§ SOURCE MATERIAL
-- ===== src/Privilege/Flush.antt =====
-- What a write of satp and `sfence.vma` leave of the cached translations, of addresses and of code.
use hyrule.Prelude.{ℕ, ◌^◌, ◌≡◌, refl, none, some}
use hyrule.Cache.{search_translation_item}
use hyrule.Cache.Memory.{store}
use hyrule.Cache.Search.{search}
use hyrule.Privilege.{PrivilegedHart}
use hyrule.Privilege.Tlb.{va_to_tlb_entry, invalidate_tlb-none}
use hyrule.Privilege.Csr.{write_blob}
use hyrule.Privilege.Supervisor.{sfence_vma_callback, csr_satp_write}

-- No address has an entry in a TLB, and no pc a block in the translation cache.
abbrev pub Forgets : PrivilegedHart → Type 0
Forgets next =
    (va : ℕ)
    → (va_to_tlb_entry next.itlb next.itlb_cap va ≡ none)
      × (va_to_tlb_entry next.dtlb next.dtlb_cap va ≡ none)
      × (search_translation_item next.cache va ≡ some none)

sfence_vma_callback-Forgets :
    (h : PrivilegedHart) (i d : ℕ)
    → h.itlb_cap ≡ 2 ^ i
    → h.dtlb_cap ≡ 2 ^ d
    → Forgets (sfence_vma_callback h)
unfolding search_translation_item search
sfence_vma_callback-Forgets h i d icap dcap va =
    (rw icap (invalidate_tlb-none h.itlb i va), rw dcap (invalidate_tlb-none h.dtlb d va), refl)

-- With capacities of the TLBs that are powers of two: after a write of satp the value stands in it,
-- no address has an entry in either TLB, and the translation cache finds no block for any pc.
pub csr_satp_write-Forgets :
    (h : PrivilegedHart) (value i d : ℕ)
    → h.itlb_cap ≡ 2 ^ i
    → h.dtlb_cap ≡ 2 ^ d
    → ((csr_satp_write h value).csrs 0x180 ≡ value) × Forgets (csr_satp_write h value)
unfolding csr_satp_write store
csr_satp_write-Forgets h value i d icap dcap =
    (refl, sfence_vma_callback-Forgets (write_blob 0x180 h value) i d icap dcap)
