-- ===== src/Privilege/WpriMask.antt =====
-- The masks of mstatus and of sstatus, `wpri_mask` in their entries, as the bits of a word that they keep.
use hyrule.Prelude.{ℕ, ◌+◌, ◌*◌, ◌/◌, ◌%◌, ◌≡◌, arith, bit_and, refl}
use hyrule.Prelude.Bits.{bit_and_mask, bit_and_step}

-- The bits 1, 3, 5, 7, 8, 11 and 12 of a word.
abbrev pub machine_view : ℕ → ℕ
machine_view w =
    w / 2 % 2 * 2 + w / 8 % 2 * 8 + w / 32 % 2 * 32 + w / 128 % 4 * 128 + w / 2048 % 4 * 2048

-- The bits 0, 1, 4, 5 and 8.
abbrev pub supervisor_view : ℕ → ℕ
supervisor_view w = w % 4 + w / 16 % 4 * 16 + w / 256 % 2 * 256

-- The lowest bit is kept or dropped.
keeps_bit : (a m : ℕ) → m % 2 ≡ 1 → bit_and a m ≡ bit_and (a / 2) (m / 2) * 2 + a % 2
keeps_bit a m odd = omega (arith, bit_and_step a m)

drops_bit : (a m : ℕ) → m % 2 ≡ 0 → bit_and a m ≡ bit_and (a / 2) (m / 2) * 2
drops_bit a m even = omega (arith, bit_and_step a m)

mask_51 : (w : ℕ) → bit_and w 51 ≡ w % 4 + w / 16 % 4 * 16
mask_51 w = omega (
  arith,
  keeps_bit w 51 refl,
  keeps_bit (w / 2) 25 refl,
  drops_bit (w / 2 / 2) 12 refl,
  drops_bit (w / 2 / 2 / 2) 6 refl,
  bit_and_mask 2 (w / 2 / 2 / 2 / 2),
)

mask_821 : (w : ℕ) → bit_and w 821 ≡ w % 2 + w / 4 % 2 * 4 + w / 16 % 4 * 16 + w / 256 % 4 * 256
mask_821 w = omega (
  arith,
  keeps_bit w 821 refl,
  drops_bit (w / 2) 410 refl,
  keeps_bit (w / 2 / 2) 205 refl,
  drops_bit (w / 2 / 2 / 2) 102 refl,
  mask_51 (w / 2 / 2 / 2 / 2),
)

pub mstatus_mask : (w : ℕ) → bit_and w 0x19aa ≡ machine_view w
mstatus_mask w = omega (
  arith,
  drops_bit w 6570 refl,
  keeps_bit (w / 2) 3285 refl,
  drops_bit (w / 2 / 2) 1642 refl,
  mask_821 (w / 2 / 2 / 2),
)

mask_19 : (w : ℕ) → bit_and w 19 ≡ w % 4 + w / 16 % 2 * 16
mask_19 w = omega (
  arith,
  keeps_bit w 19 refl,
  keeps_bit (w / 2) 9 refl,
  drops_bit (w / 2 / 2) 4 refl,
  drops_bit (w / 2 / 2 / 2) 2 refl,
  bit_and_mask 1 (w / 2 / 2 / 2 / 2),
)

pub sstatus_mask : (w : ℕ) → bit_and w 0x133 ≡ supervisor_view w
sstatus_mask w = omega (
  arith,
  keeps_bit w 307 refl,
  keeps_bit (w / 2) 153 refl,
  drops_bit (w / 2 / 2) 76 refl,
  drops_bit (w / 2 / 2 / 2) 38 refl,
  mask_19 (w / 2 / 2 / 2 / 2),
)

§ YOUR INSTRUCTIONS
State in a single number how many lines in the data include the word "dcap".

§ EXERCISE ANSWER
4